* [What you will do]:
Set down, please, exactly the lines below that run from the line with "let rest = list_verified" to the line with "allowed _ _ = false", both lines included.
━━━━
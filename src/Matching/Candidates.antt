-- ===== src/Matching/Candidates.antt =====
-- `Matcher::select_candidates` (src/matching/matcher.cpp). The embedding provider and the vector index
-- are the two interfaces that it calls; a pointer that may be null is an `Option`.
pub mod Selection
use career_coordination_mcp.Prelude.{
  ℕ, Str, Bool, not, Option, none, some, List, [], ◌∷◌, map, if◌then◌else◌, is_empty, length, take,
  ltb, str_lt,
}
use career_coordination_mcp.Prelude.Sorting.{sort_by}
use career_coordination_mcp.Prelude.StringMap.{StringMap, find, assign}
use career_coordination_mcp.Prelude.StringSet.{insert_all}
use career_coordination_mcp.Prelude.StringSet.Intersection.{set_intersection}
use career_coordination_mcp.Core.Double.{Double}
use career_coordination_mcp.Domain.Atom.{ExperienceAtom, verify}
use career_coordination_mcp.Domain.Opportunity.{Opportunity}
use career_coordination_mcp.Domain.MatchReport.{RetrievalStats}
use career_coordination_mcp.Matching.Tokens.{atom_tokens, requirement_tokens, build_query_text}

pub data MatchingStrategy : Type 0 where
  deterministic_lexical_v01 hybrid_lexical_embedding_v02 : MatchingStrategy

pub record HybridConfig : Type 0 where
  pub k_lexical : ℕ
  pub k_embedding : ℕ

pub record EmbeddingProvider (Float : Type 0) : Type 0 where
  pub embed_text : Str → List Float
  pub dimension : ℕ

pub record VectorSearchResult (Num : Type 0) : Type 0 where
  pub key : Str
  pub score : Num
  pub metadata : Str

pub record EmbeddingIndex (Float Num : Type 0) : Type 0 where
  pub query : List Float → ℕ → List (VectorSearchResult Num)

pub record ScoredAtom (Num : Type 0) : Type 0 where
  pub atom : ExperienceAtom
  pub score : Num

unfoldable pub verified_atoms : List ExperienceAtom → List ExperienceAtom
unfolding verify
verified_atoms [] = []
verified_atoms (atom ∷ atoms) =
    let rest = verified_atoms atoms in if verify atom then atom ∷ rest else rest

abbrev pub lexical_stats : List ExperienceAtom → RetrievalStats
lexical_stats candidates = record {
  lexical_candidates = length candidates;
  embedding_candidates = 0;
  merged_candidates = length candidates;
}

-- `atom_map`: the last atom of an identifier stays
unfoldable pub atom_map : StringMap ExperienceAtom → List ExperienceAtom → StringMap ExperienceAtom
unfolding assign
atom_map m [] = m
atom_map m (atom ∷ atoms) = atom_map (assign m atom.atom_id atom) atoms

-- The last loop: the atoms of the merged identifiers
unfoldable pub look_up_all : StringMap ExperienceAtom → List Str → List ExperienceAtom
unfolding find
look_up_all m [] = []
look_up_all m (id ∷ ids) =
    let rest = look_up_all m ids in elim (find m id) [ none ↦ rest | some atom ↦ atom ∷ rest ]

-- From the scores on: the two sets of identifiers, merged
unfoldable pub merge_candidates :
    List ExperienceAtom → List Str → List Str → List ExperienceAtom × RetrievalStats
unfolding insert_all atom_map look_up_all
merge_candidates atoms lexical_atom_ids embedding_atom_ids =
    let merged_atom_ids = insert_all (insert_all [] lexical_atom_ids) embedding_atom_ids in
    (
      look_up_all (atom_map [] atoms) merged_atom_ids,
      record {
        lexical_candidates = length lexical_atom_ids;
        embedding_candidates = length embedding_atom_ids;
        merged_candidates = length merged_atom_ids;
      },
    )

module _ (d : Double) where
  open d use {Num, of_nat, div, lt, eq}

  -- The share of the tokens `query` that are among the tokens of the atom
  abbrev pub overlap : List Str → List Str → Num
  overlap query tokens =
      div (of_nat (length (set_intersection query tokens))) (of_nat (length query))

  unfoldable pub score_atoms : List Str → List ExperienceAtom → List (ScoredAtom Num)
  unfolding verify atom_tokens set_intersection
  score_atoms query_tokens [] = []
  score_atoms query_tokens (atom ∷ atoms) =
      let rest = score_atoms query_tokens atoms in
      if not (verify atom)
      then rest
      else record { atom = atom; score = overlap query_tokens (atom_tokens atom) } ∷ rest

  unfoldable pub scored_less : ScoredAtom Num → ScoredAtom Num → Bool
  scored_less a b =
      if not (eq a.score b.score) then lt b.score a.score else str_lt a.atom.atom_id b.atom.atom_id

  -- The identifiers of the best `k_lexical` verified atoms
  unfoldable pub lexical_ids : HybridConfig → List Str → List ExperienceAtom → List Str
  unfolding score_atoms scored_less sort_by insert_all
  lexical_ids config query_tokens atoms = insert_all [] (
      map (λ scored. scored.atom.atom_id)
        (take config.k_lexical (sort_by scored_less (score_atoms query_tokens atoms))))

  module _ {Float : Type 0} where
    unfoldable pub embedding_ids :
        HybridConfig
        → Opportunity
        → Option (EmbeddingProvider Float)
        → Option (EmbeddingIndex Float Num)
        → List Str
    unfolding build_query_text insert_all
    embedding_ids config opportunity (some provider) (some index) =
        if ltb 0 provider.dimension
        then (let embedding = provider.embed_text (build_query_text opportunity) in
            if not (is_empty embedding)
            then insert_all []
                (map (λ result. result.key) (index.query embedding config.k_embedding))
            else [])
        else []
    embedding_ids config opportunity _ _ = []

    unfoldable pub select_candidates :
        MatchingStrategy
        → HybridConfig
        → Opportunity
        → List ExperienceAtom
        → Option (EmbeddingProvider Float)
        → Option (EmbeddingIndex Float Num)
        → List ExperienceAtom × RetrievalStats
    unfolding verified_atoms requirement_tokens insert_all lexical_ids embedding_ids
        merge_candidates
    select_candidates deterministic_lexical_v01 config opportunity atoms provider index =
        let candidates = verified_atoms atoms in (candidates, lexical_stats candidates)
    select_candidates hybrid_lexical_embedding_v02 config opportunity atoms provider index =
        let query_tokens = insert_all [] (requirement_tokens opportunity.requirements) in
        let candidates = verified_atoms atoms in
        if is_empty query_tokens
        then (candidates, lexical_stats candidates)
        else merge_candidates atoms (lexical_ids config query_tokens atoms)
            (embedding_ids config opportunity provider index)
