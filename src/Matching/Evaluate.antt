-- ===== src/Matching/Evaluate.antt =====
-- `Matcher::evaluate` (src/matching/matcher.cpp, include/ccmcp/matching/scorer.h).
pub mod Winner
pub mod Evidence
pub mod Report
pub mod Verdict
use career_coordination_mcp.Prelude.{
  Str, lit, Bool, true, false, not, Option, none, some, List, [], ◌∷◌, ◌++◌, if◌then◌else◌,
  is_empty, length, str_lt, ◌&&◌, ◌||◌,
}
use career_coordination_mcp.Prelude.StringMap.{StringMap, find, assign}
use career_coordination_mcp.Prelude.StringSet.{insert}
use career_coordination_mcp.Prelude.StringSet.Intersection.{set_intersection}
use career_coordination_mcp.Core.Double.{Double}
use career_coordination_mcp.Domain.Atom.{ExperienceAtom}
use career_coordination_mcp.Domain.Opportunity.{Requirement, Opportunity}
use career_coordination_mcp.Domain.MatchReport.{MatchReport, RequirementMatch, RetrievalStats}
use career_coordination_mcp.Matching.Tokens.{tokenize_field, atom_tokens}
use career_coordination_mcp.Matching.Candidates.{
  MatchingStrategy, deterministic_lexical_v01, hybrid_lexical_embedding_v02, HybridConfig,
  EmbeddingProvider, EmbeddingIndex, overlap, select_candidates,
}

pub record ScoreWeights (Num : Type 0) : Type 0 where
  pub lexical : Num
  pub semantic : Num
  pub bonus : Num

pub record Matcher (Num : Type 0) : Type 0 where
  pub weights : ScoreWeights Num
  pub strategy : MatchingStrategy
  pub hybrid_config : HybridConfig

abbrev pub strategy_name : MatchingStrategy → Str
strategy_name deterministic_lexical_v01 = lit "deterministic_lexical_v0.1"
strategy_name hybrid_lexical_embedding_v02 = lit "hybrid_lexical_embedding_v0.2"

-- `candidate_token_sets`
unfoldable pub token_sets : StringMap (List Str) → List ExperienceAtom → StringMap (List Str)
unfolding assign atom_tokens
token_sets sets [] = sets
token_sets sets (atom ∷ atoms) = token_sets (assign sets atom.atom_id (atom_tokens atom)) atoms

-- `candidate_token_sets[id]`
abbrev pub tokens_of : StringMap (List Str) → Str → List Str
tokens_of sets id = elim (find sets id) [ none ↦ [] | some tokens ↦ tokens ]

-- `!best_atom_id.has_value() || id < best_atom_id->value`
abbrev pub comes_first : Str → Option Str → Bool
comes_first id none = true
comes_first id (some best) = str_lt id best

pub record Best (Num : Type 0) : Type 0 where
  pub best_score : Num
  pub best_atom_id : Option Str
  pub best_evidence : List Str

-- What the loop over the requirements accumulates
pub record Progress (Num : Type 0) : Type 0 where
  pub total_score : Num
  pub matched_atom_ids : List Str
  pub requirement_matches : List (RequirementMatch Num)
  pub missing_requirements : List Str

module _ (d : Double) where
  open d use {Num, zero, of_nat, add, mul, div, lt, eq}

  -- The test of the inner loop
  abbrev pub improves : Best Num → Num → Str → Bool
  improves best score id =
      lt best.best_score score || (eq score best.best_score && comes_first id best.best_atom_id)

  -- The body of the inner loop
  unfoldable pub consider : StringMap (List Str) → List Str → Best Num → ExperienceAtom → Best Num
  unfolding set_intersection find
  consider sets req_tokens best atom =
      let tokens = tokens_of sets atom.atom_id in
      let score = overlap d req_tokens tokens in
      if improves best score atom.atom_id
      then (record {
        best_score = score;
        best_atom_id = some atom.atom_id;
        best_evidence = set_intersection req_tokens tokens;
      })
      else best

  unfoldable pub best_of :
      StringMap (List Str) → List Str → Best Num → List ExperienceAtom → Best Num
  unfolding consider
  best_of sets req_tokens best [] = best
  best_of sets req_tokens best (atom ∷ atoms) =
      best_of sets req_tokens (consider sets req_tokens best atom) atoms

  abbrev pub no_best : Best Num
  no_best = record { best_score = zero; best_atom_id = none; best_evidence = [] }

  abbrev pub unmatched : Str → Num → RequirementMatch Num
  unmatched text score = record {
    requirement_text = text;
    matched = false;
    best_score = score;
    contributing_atom_id = none;
    evidence_tokens = [];
  }

  -- From "Record match result" on: the match of a requirement whose best is known
  unfoldable pub record_match : Str → Best Num → RequirementMatch Num
  record_match text best = elim (best.best_atom_id) [
    | none ↦ unmatched text best.best_score
    | some id ↦
        if lt zero best.best_score
        then (record {
          requirement_text = text;
          matched = true;
          best_score = best.best_score;
          contributing_atom_id = some id;
          evidence_tokens = best.best_evidence;
        })
        else unmatched text best.best_score
  ]

  -- `matched_atom_ids.insert`, where the requirement is matched
  abbrev pub note_atom : List Str → RequirementMatch Num → List Str
  note_atom ids rm = elim (rm.contributing_atom_id) [ none ↦ ids | some id ↦ insert ids id ]

  abbrev pub note_missing : List Str → RequirementMatch Num → List Str
  note_missing texts rm = if rm.matched then texts else texts ++ rm.requirement_text ∷ []

  -- The match of one requirement
  unfoldable pub match_requirement :
      List ExperienceAtom → StringMap (List Str) → Requirement → RequirementMatch Num
  unfolding tokenize_field best_of record_match
  match_requirement candidates sets req =
      let req_tokens = tokenize_field req.text in
      if is_empty req_tokens
      then unmatched req.text zero
      else record_match req.text (best_of sets req_tokens no_best candidates)

  -- The body of the loop over the requirements; without tokens nothing is added to the total
  unfoldable pub process_requirement :
      List ExperienceAtom → StringMap (List Str) → Progress Num → Requirement → Progress Num
  unfolding match_requirement tokenize_field insert
  process_requirement candidates sets progress req =
      let rm = match_requirement candidates sets req in
      record {
        total_score =
            if is_empty (tokenize_field req.text)
            then progress.total_score
            else add progress.total_score rm.best_score;
        matched_atom_ids = note_atom progress.matched_atom_ids rm;
        requirement_matches = progress.requirement_matches ++ rm ∷ [];
        missing_requirements = note_missing progress.missing_requirements rm;
      }

  unfoldable pub process_requirements :
      List ExperienceAtom → StringMap (List Str) → Progress Num → List Requirement → Progress Num
  unfolding process_requirement
  process_requirements candidates sets progress [] = progress
  process_requirements candidates sets progress (req ∷ reqs) =
      process_requirements candidates sets (process_requirement candidates sets progress req) reqs

  abbrev pub no_progress : Progress Num
  no_progress = record {
    total_score = zero;
    matched_atom_ids = [];
    requirement_matches = [];
    missing_requirements = [];
  }

  -- From the candidates on
  unfoldable pub report_on :
      Matcher Num → Opportunity → List ExperienceAtom → RetrievalStats → MatchReport Num
  unfolding token_sets process_requirements
  report_on matcher opportunity candidates stats =
      let progress =
        process_requirements candidates (token_sets [] candidates) no_progress
          opportunity.requirements in
      let overall =
        if not (is_empty opportunity.requirements)
        then div progress.total_score (of_nat (length opportunity.requirements))
        else zero in
      record {
        opportunity_id = opportunity.opportunity_id;
        strategy = strategy_name matcher.strategy;
        overall_score = overall;
        requirement_matches = progress.requirement_matches;
        missing_requirements = progress.missing_requirements;
        retrieval_stats = stats;
        matched_atoms = progress.matched_atom_ids;
        breakdown = record {
          lexical = overall;
          semantic = zero;
          bonus = zero;
          final_score = mul matcher.weights.lexical overall;
        };
      }

  unfoldable pub evaluate :
      {Float : Type 0}
      → Matcher Num
      → Opportunity
      → List ExperienceAtom
      → Option (EmbeddingProvider Float)
      → Option (EmbeddingIndex Float Num)
      → MatchReport Num
  unfolding select_candidates report_on
  evaluate matcher opportunity atoms provider index =
      let (candidates, stats) =
        select_candidates d matcher.strategy matcher.hybrid_config opportunity atoms provider
          index in
      report_on matcher opportunity candidates stats
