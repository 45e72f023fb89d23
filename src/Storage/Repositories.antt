-- ===== src/Storage/Repositories.antt =====
-- The in-memory repositories of atoms and of opportunities (src/storage/inmemory_atom_repository.cpp and
-- inmemory_opportunity_repository.cpp). `get` is `find`, `upsert` is `assign` at the record's identifier.
use career_coordination_mcp.Prelude.{Str, Option, List, [], ◌∷◌, if◌then◌else◌, map}
use career_coordination_mcp.Prelude.StringMap.{StringMap, find, assign}
use career_coordination_mcp.Domain.Atom.{ExperienceAtom}
use career_coordination_mcp.Domain.Opportunity.{Opportunity}

abbrev pub upsert_atom : StringMap ExperienceAtom → ExperienceAtom → StringMap ExperienceAtom
upsert_atom atoms atom = assign atoms atom.atom_id atom

abbrev pub get_atom : StringMap ExperienceAtom → Str → Option ExperienceAtom
get_atom atoms id = find atoms id

unfoldable pub list_verified : StringMap ExperienceAtom → List ExperienceAtom
list_verified [] = []
list_verified ((id, atom) ∷ atoms) =
    let rest = list_verified atoms in if atom.verified then atom ∷ rest else rest

abbrev pub list_all_atoms : StringMap ExperienceAtom → List ExperienceAtom
list_all_atoms atoms = map (λ (id, atom). atom) atoms

abbrev pub upsert_opportunity : StringMap Opportunity → Opportunity → StringMap Opportunity
upsert_opportunity opportunities opportunity =
    assign opportunities opportunity.opportunity_id opportunity

abbrev pub list_all_opportunities : StringMap Opportunity → List Opportunity
list_all_opportunities opportunities = map (λ (id, opportunity). opportunity) opportunities

abbrev pub get_opportunity : StringMap Opportunity → Str → Option Opportunity
get_opportunity opportunities id = find opportunities id
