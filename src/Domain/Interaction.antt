-- ===== src/Domain/Interaction.antt =====
-- The outreach state machine (include/ccmcp/domain/interaction.h, src/domain/interaction.cpp) and
-- the identifiers of include/ccmcp/core/ids.h that it carries. An identifier is its text.
pub mod Machine
use career_coordination_mcp.Prelude.{Str, Bool, true, false, if◌then◌else◌}

pub data InteractionState : Type 0 where
  draft ready sent responded closed : InteractionState

pub data InteractionEvent : Type 0 where
  prepare send receive_reply close : InteractionEvent

pub record Interaction : Type 0 where
  pub interaction_id : Str
  pub contact_id : Str
  pub opportunity_id : Str
  pub state : InteractionState

-- `Interaction::can_transition`, on the state that it reads
unfoldable pub allowed : InteractionState → InteractionEvent → Bool
allowed draft prepare = true
allowed draft close = true
allowed ready send = true
allowed ready close = true
allowed sent receive_reply = true
allowed sent close = true
allowed responded close = true
allowed _ _ = false

-- The state that the second `switch` of `Interaction::apply` writes
unfoldable pub target : InteractionEvent → InteractionState
target prepare = ready
target send = sent
target receive_reply = responded
target close = closed

unfoldable pub can_transition : Interaction → InteractionEvent → Bool
unfolding allowed
can_transition i event = allowed i.state event

-- `Interaction::apply`: the object afterwards and the returned flag
unfoldable pub apply : Interaction → InteractionEvent → Interaction × Bool
unfolding can_transition target
apply i event =
    if can_transition i event then (record i { state = target event }, true) else (i, false)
━━━━
* [Written reply]:
    let rest = list_verified atoms in if atom.verified then atom ∷ rest else rest

abbrev pub list_all_atoms : StringMap ExperienceAtom → List ExperienceAtom
list_all_atoms atoms = map (λ (id, atom). atom) atoms

abbrev pub upsert_opportunity : StringMap Opportunity → Opportunity → StringMap Opportunity
upsert_opportunity opportunities opportunity =
    assign opportunities opportunity.opportunity_id opportunity

abbrev pub list_all_opportunities : StringMap Opportunity → List Opportunity
list_all_opportunities opportunities = map (λ (id, opportunity). opportunity) opportunities

abbrev pub get_opportunity : StringMap Opportunity → Str → Option Opportunity
get_opportunity opportunities id = find opportunities id
filename src/Domain/Interaction.antt
-- ===== src/Domain/Interaction.antt =====
-- The outreach state machine (include/ccmcp/domain/interaction.h, src/domain/interaction.cpp) and
-- the identifiers of include/ccmcp/core/ids.h that it carries. An identifier is its text.
pub mod Machine
use career_coordination_mcp.Prelude.{Str, Bool, true, false, if◌then◌else◌}

pub data InteractionState : Type 0 where
  draft ready sent responded closed : InteractionState

pub data InteractionEvent : Type 0 where
  prepare send receive_reply close : InteractionEvent

pub record Interaction : Type 0 where
  pub interaction_id : Str
  pub contact_id : Str
  pub opportunity_id : Str
  pub state : InteractionState

-- `Interaction::can_transition`, on the state that it reads
unfoldable pub allowed : InteractionState → InteractionEvent → Bool
allowed draft prepare = true
allowed draft close = true
allowed ready send = true
allowed ready close = true
allowed sent receive_reply = true
allowed sent close = true
allowed responded close = true
allowed _ _ = false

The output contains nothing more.